Zwei Bände im hochwertigen Leinenschuber


Für Spiegeleier, die ihrem ursprünglichen Namen ‹Ochsenaugen› ... geschmacklicher Sicht ist das ideale Fett zum Ausbacken Butter, .... Auch das Ei liebt es nicht, wenn es zu schnell gegart wird, sondern möchte seine Metamorphose zum Frühstücksspiegelei allmählich vollziehen. Lassen Sie also ein nussgroßes Stück Butter langsam auf kleiner Flamme zergehen und schlagen Sie das Ei so hinein, dass der Dotter schön in der Mitte der Pfanne zu liegen kommt. Für die Länge der Garzeit gilt als Faustregel, dass das Eiweiß gestockt sein sollte, während der Dotter unbedingt weich und glasig bleiben muss.

 

GEFÜLLTER ARTISCHOCKENBODEN MIT GAMBAS


In dieser zweibändigen Buchausgabe präsentiert der Eckart Witzigmann seine Lebenserinnerungen und seine berühmtesten Klassiker: Gerichte, mit denen Kulinarik-Geschichte geschrieben wurde!
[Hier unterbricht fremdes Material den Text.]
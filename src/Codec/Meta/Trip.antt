-- ===== src/Codec/Meta/Trip.antt =====
-- The server reads the session ID and the sequence number that the client wrote.
pub mod Fields
mod Path
use sing_xhttp.Common.{
  ℕ, ◌≡◌, refl, ap, append-nil, sym, ◌∙◌, ◌≢◌, ◌⊎◌, inl, inr, Bool, true, false, Option, none, some,
  List, [], ◌||◌, ◌∷◌, ◌++◌, arith, if◌then◌else◌, All,
}
use sing_xhttp.Common.Text.{Bytes, String, codes, str_eq, str_eq_iff}
use sing_xhttp.Common.Strings.{OneOf, Lacks, ends_with, has_prefix, has_prefix-append}
use sing_xhttp.Codec.{Codec}
use sing_xhttp.Codec.Cookie.{is_name}
use sing_xhttp.Codec.Cookie.Sent.{IsVisible}
use sing_xhttp.Codec.Request.{Request, value_or_empty, find, put, find-put_self}
use sing_xhttp.Codec.Meta.{
  apply_field, apply_meta, extract_field, extract_meta, path_segments, take_segment, is_empty,
  append_to_path,
}
use Fields.{
  keyed, name_at, held_at, extract-held, held-apply_self, held-apply_ne, path-apply, keyed-ne-path,
}
use Path.{joined, segments, append_first, append_second, path_segments-joined, path_segments-base}

abbrev pub placements : List String
placements = "path" ∷ keyed

-- A request on the base path that does not hold the two fields yet, and a codec that files them
-- apart.
pub record Ready (c : Codec) (r : Request) : Type 0 where
  pub session_place : OneOf c.session_placement placements
  pub seq_place : OneOf c.seq_placement placements
  pub base : ends_with c.base_path b'/' ≡ true
  pub start : r.path ≡ c.base_path
  pub apart :
      c.session_placement ≢ "path"
      → c.session_placement ≡ c.seq_placement
      → name_at c.session_placement c.session_key ≢ name_at c.seq_placement c.seq_key
  pub session_cookie : c.session_placement ≡ "cookie" → is_name (codes c.session_key) ≡ true
  pub seq_cookie : c.seq_placement ≡ "cookie" → is_name (codes c.seq_key) ≡ true
  pub free_session : held_at r c.session_placement c.session_key ≡ none
  pub free_seq : held_at r c.seq_placement c.seq_key ≡ none

module _ (c : Codec) (r : Request) (ready : Ready c r) where
  abbrev with_session : Bytes → Request
  with_session sid = apply_field r c.session_placement c.session_key sid

  apart_back :
      OneOf c.seq_placement keyed
      → c.seq_placement ≡ c.session_placement
      → name_at c.seq_placement c.seq_key ≢ name_at c.session_placement c.session_key
  apart_back k e same =
      ready.apart (λ p. keyed-ne-path c.seq_placement k (e ∙ p)) (sym e) (sym same)

  -- A keyed session ID is held at the end.
  session_held :
      (x : ℕ) (xs seq : Bytes)
      → OneOf c.session_placement keyed
      → All IsVisible (x ∷ xs)
      → All IsVisible seq
      → held_at (apply_meta c r (x ∷ xs) seq) c.session_placement c.session_key ≡ some (x ∷ xs)
  unfolding apply_meta
  session_held x xs [] k vis vis' =
      held-apply_self r c.session_placement c.session_key (x ∷ xs) k (ready.session_cookie, vis)
        ready.free_session
  session_held x xs (y ∷ ys) k vis vis' =
      held-apply_ne (with_session (x ∷ xs)) c.session_placement c.session_key c.seq_placement
        c.seq_key (y ∷ ys) k (ready.seq_cookie, vis')
        (ready.apart (keyed-ne-path c.session_placement k))
      ∙ held-apply_self r c.session_placement c.session_key (x ∷ xs) k (ready.session_cookie, vis)
          ready.free_session

  -- So is a keyed sequence number, and none is if none was given.
  seq_held :
      (x : ℕ) (xs seq : Bytes)
      → OneOf c.seq_placement keyed
      → All IsVisible (x ∷ xs)
      → All IsVisible seq
      → value_or_empty (held_at (apply_meta c r (x ∷ xs) seq) c.seq_placement c.seq_key) ≡ seq
  unfolding apply_meta
  seq_held x xs [] k vis vis' = ap value_or_empty (
      held-apply_ne r c.seq_placement c.seq_key c.session_placement c.session_key (x ∷ xs) k
        (ready.session_cookie, vis) (apart_back k)
      ∙ ready.free_seq)
  seq_held x xs (y ∷ ys) k vis vis' = ap value_or_empty (
      held-apply_self (with_session (x ∷ xs)) c.seq_placement c.seq_key (y ∷ ys) k
        (ready.seq_cookie, vis')
        (held-apply_ne r c.seq_placement c.seq_key c.session_placement c.session_key (x ∷ xs) k
            (ready.session_cookie, vis) (apart_back k)
          ∙ ready.free_seq))

  path_first :
      (r' : Request) (placement key : String) (s : Bytes)
      → placement ≡ "path"
      → (apply_field r' placement key s).path ≡ append_to_path r'.path s
  unfolding apply_field
  path_first r' placement key s e = rw e

  -- The path of a request whose session ID stands in it.
  session_path :
      (sid : Bytes) → c.session_placement ≡ "path" → (with_session sid).path ≡ c.base_path ++ sid
  session_path sid e =
      path_first r c.session_placement c.session_key sid e
      ∙ ap (λ p. append_to_path p sid) ready.start
      ∙ append_first c.base_path sid ready.base

  both_in_path :
      (x : ℕ) (xs seq : Bytes)
      → Lacks b'/' (x ∷ xs)
      → c.session_placement ≡ "path"
      → c.seq_placement ≡ "path"
      → (apply_meta c r (x ∷ xs) seq).path ≡ c.base_path ++ joined (x ∷ xs) seq
  unfolding apply_meta
  both_in_path x xs [] h e k = session_path (x ∷ xs) e
  both_in_path x xs (y ∷ ys) h e k =
      path_first (with_session (x ∷ xs)) c.seq_placement c.seq_key (y ∷ ys) k
      ∙ ap (λ p. append_to_path p (y ∷ ys)) (session_path (x ∷ xs) e)
      ∙ append_second c.base_path (x ∷ xs) (y ∷ ys) (λ n. cc) h

  session_in_path :
      (x : ℕ) (xs seq : Bytes)
      → c.session_placement ≡ "path"
      → OneOf c.seq_placement keyed
      → (apply_meta c r (x ∷ xs) seq).path ≡ c.base_path ++ (x ∷ xs)
  unfolding apply_meta
  session_in_path x xs [] e k = session_path (x ∷ xs) e
  session_in_path x xs (y ∷ ys) e k =
      path-apply (with_session (x ∷ xs)) c.seq_placement c.seq_key (y ∷ ys) k
      ∙ session_path (x ∷ xs) e

  session_keyed :
      (sid : Bytes) → OneOf c.session_placement keyed → (with_session sid).path ≡ c.base_path
  session_keyed sid k = path-apply r c.session_placement c.session_key sid k ∙ ready.start

  seq_in_path :
      (x : ℕ) (xs seq : Bytes)
      → OneOf c.session_placement keyed
      → c.seq_placement ≡ "path"
      → (apply_meta c r (x ∷ xs) seq).path ≡ c.base_path ++ seq
  unfolding apply_meta
  seq_in_path x xs [] k e = session_keyed (x ∷ xs) k ∙ sym (append-nil c.base_path)
  seq_in_path x xs (y ∷ ys) k e =
      path_first (with_session (x ∷ xs)) c.seq_placement c.seq_key (y ∷ ys) e
      ∙ ap (λ p. append_to_path p (y ∷ ys)) (session_keyed (x ∷ xs) k)
      ∙ append_first c.base_path (y ∷ ys) ready.base

  none_in_path :
      (x : ℕ) (xs seq : Bytes)
      → OneOf c.session_placement keyed
      → OneOf c.seq_placement keyed
      → (apply_meta c r (x ∷ xs) seq).path ≡ c.base_path
  unfolding apply_meta
  none_in_path x xs [] k l = session_keyed (x ∷ xs) k
  none_in_path x xs (y ∷ ys) k l =
      path-apply (with_session (x ∷ xs)) c.seq_placement c.seq_key (y ∷ ys) l
      ∙ session_keyed (x ∷ xs) k

pub extract_here :
    (c : Codec) (r : Request) {sid seq : Bytes} {rest rest' : List Bytes}
    → has_prefix r.path c.base_path ≡ true
    → extract_field r c.session_placement c.session_key (path_segments c r) ≡ (sid, rest)
    → extract_field r c.seq_placement c.seq_key rest ≡ (seq, rest')
    → extract_meta c r ≡ some (sid, seq)
unfolding extract_meta
extract_here c r on_base e k = rw (on_base, e, k)

extract_both :
    (c : Codec) (r : Request) (t : Bytes) {sid seq : Bytes} {rest rest' : List Bytes}
    → r.path ≡ c.base_path ++ t
    → extract_field r c.session_placement c.session_key (path_segments c r) ≡ (sid, rest)
    → extract_field r c.seq_placement c.seq_key rest ≡ (seq, rest')
    → extract_meta c r ≡ some (sid, seq)
extract_both c r t p e k =
    extract_here c r (ap (λ q. has_prefix q c.base_path) p ∙ has_prefix-append c.base_path t) e k

from_path :
    (r : Request) (placement key : String) (segs : List Bytes)
    → placement ≡ "path"
    → extract_field r placement key segs ≡ take_segment segs
unfolding extract_field
from_path r placement key segs e = rw e

-- The first two of the joined segments.
take_first : (s t : Bytes) → (take_segment (segments s t)).0 ≡ s
unfolding take_segment
take_first s [] = refl
take_first s (y ∷ ys) = refl

take_second : (s t : Bytes) → (take_segment (take_segment (segments s t)).1).0 ≡ t
unfolding take_segment
take_second s [] = refl
take_second s (y ∷ ys) = refl

or_true : (b : Bool) → (b || true) ≡ true
or_true true = refl
or_true false = refl

looks_at_seq :
    (c : Codec)
    → c.seq_placement ≡ "path"
    → (str_eq c.session_placement "path" || str_eq c.seq_placement "path") ≡ true
looks_at_seq c k = rw k (or_true (str_eq c.session_placement "path"))

pair_eta : {p : Bytes × List Bytes} {a : Bytes} → p.0 ≡ a → p ≡ (a, p.1)
pair_eta {p} e = ap (λ b. (b, p.1)) e

-- The one segment of a path that holds the sequence number alone, or nothing.
lone_segment :
    (c : Codec) (r : Request) (seq : Bytes)
    → c.seq_placement ≡ "path"
    → Lacks b'/' seq
    → r.path ≡ c.base_path ++ seq
    → take_segment (path_segments c r) ≡ (seq, [])
unfolding take_segment
lone_segment c r [] k l p =
    ap take_segment (path_segments-base c r (looks_at_seq c k) (p ∙ append-nil c.base_path))
lone_segment c r (y ∷ ys) k l p =
    ap take_segment (path_segments-joined c r (looks_at_seq c k) (y ∷ ys) [] (λ n. cc) l tt p)

module _ (c : Codec) (r : Request) (ready : Ready c r) where
  -- The round trip, for each pair of places.
  trip :
      (x : ℕ) (xs seq : Bytes)
      → Lacks b'/' (x ∷ xs)
      → Lacks b'/' seq
      → All IsVisible (x ∷ xs)
      → All IsVisible seq
      → (c.session_placement ≡ "path") ⊎ OneOf c.session_placement keyed
      → (c.seq_placement ≡ "path") ⊎ OneOf c.seq_placement keyed
      → extract_meta c (apply_meta c r (x ∷ xs) seq) ≡ some (x ∷ xs, seq)
  trip x xs seq h l vis vis' (inl e) (inl k) =
      let sent = apply_meta c r (x ∷ xs) seq in
      let path = both_in_path c r ready x xs seq h e k in
      let segs = path_segments-joined c sent (rw e) (x ∷ xs) seq (λ n. cc) h l path in
      extract_both c sent (joined (x ∷ xs) seq) path
        (from_path sent c.session_placement c.session_key (path_segments c sent) e
          ∙ ap take_segment segs
          ∙ pair_eta (take_first (x ∷ xs) seq))
        (from_path sent c.seq_placement c.seq_key _ k ∙ pair_eta (take_second (x ∷ xs) seq))
  trip x xs seq h l vis vis' (inl e) (inr k) =
      let sent = apply_meta c r (x ∷ xs) seq in
      let path = session_in_path c r ready x xs seq e k in
      let segs = path_segments-joined c sent (rw e) (x ∷ xs) [] (λ n. cc) h tt path in
      extract_both c sent (x ∷ xs) path
        (from_path sent c.session_placement c.session_key (path_segments c sent) e
          ∙ ap take_segment segs
          ∙ pair_eta (take_first (x ∷ xs) []))
        (extract-held sent c.seq_placement c.seq_key _ k
          ∙ ap (λ v. (v, (take_segment (segments (x ∷ xs) [])).1))
              (seq_held c r ready x xs seq k vis vis'))
  trip x xs seq h l vis vis' (inr e) (inl k) =
      let sent = apply_meta c r (x ∷ xs) seq in
      let path = seq_in_path c r ready x xs seq e k in
      extract_both c sent seq path
        (extract-held sent c.session_placement c.session_key _ e
          ∙ ap (λ v. (value_or_empty v, path_segments c sent))
              (session_held c r ready x xs seq e vis vis'))
        (from_path sent c.seq_placement c.seq_key _ k ∙ lone_segment c sent seq k l path)
  trip x xs seq h l vis vis' (inr e) (inr k) =
      extract_both c (apply_meta c r (x ∷ xs) seq) []
        (none_in_path c r ready x xs seq e k ∙ sym (append-nil c.base_path))
        (extract-held (apply_meta c r (x ∷ xs) seq) c.session_placement c.session_key _ e
          ∙ ap (λ v. (value_or_empty v, path_segments c (apply_meta c r (x ∷ xs) seq)))
              (session_held c r ready x xs seq e vis vis'))
        (extract-held (apply_meta c r (x ∷ xs) seq) c.seq_placement c.seq_key _ k
          ∙ ap (λ v. (v, path_segments c (apply_meta c r (x ∷ xs) seq)))
              (seq_held c r ready x xs seq k vis vis'))

-- On a request for the base path that has neither field yet, and with a codec that files the two
-- apart and whose cookie keys, if a field goes into a cookie, are tokens: whatever the two
-- placements, the server reads from the client's request the session ID and the sequence number that
-- the client put there; for a download or a stream, which has no sequence number, it reads none. Both
-- texts are of visible ASCII characters other than slash, comma, semicolon, backslash and the double
-- quote, and the session ID is not empty.
pub extract-apply :
    (c : Codec) (r : Request) (sid seq : Bytes)
    → Ready c r
    → sid ≢ []
    → Lacks b'/' sid
    → Lacks b'/' seq
    → All IsVisible sid
    → All IsVisible seq
    → extract_meta c (apply_meta c r sid seq) ≡ some (sid, seq)
extract-apply c r [] seq ready some_ h l vis vis' = absurd (some_ refl)
extract-apply c r (x ∷ xs) seq ready some_ h l vis vis' =
    trip c r ready x xs seq h l vis vis' ready.session_place ready.seq_place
Er ist ein Pionier und Visionär, der die Welt der Kulinarik wie kaum ein anderer Koch geprägt hat. Er etablierte die Nouvelle Cuisine im deutschsprachigen Raum und begründete damit eine neue Schule des Kochens. Zu seinen mittlerweile selbst berühmten Schülern zählen Starköche wie Harald Wohlfahrt, Hans Haas und Roland Trettl. Im ersten Band lässt der Sternekoch Revue passieren: Was ihm wichtig war. Wichtig ist. Und wichtig bleibt. Im zweiten Band, dem dickeren, präsentieren seine Schüler die Witzigmann-Rezepte neu und ergänzen eine eigene Neukreation als Hommage an das Werk des Meisters.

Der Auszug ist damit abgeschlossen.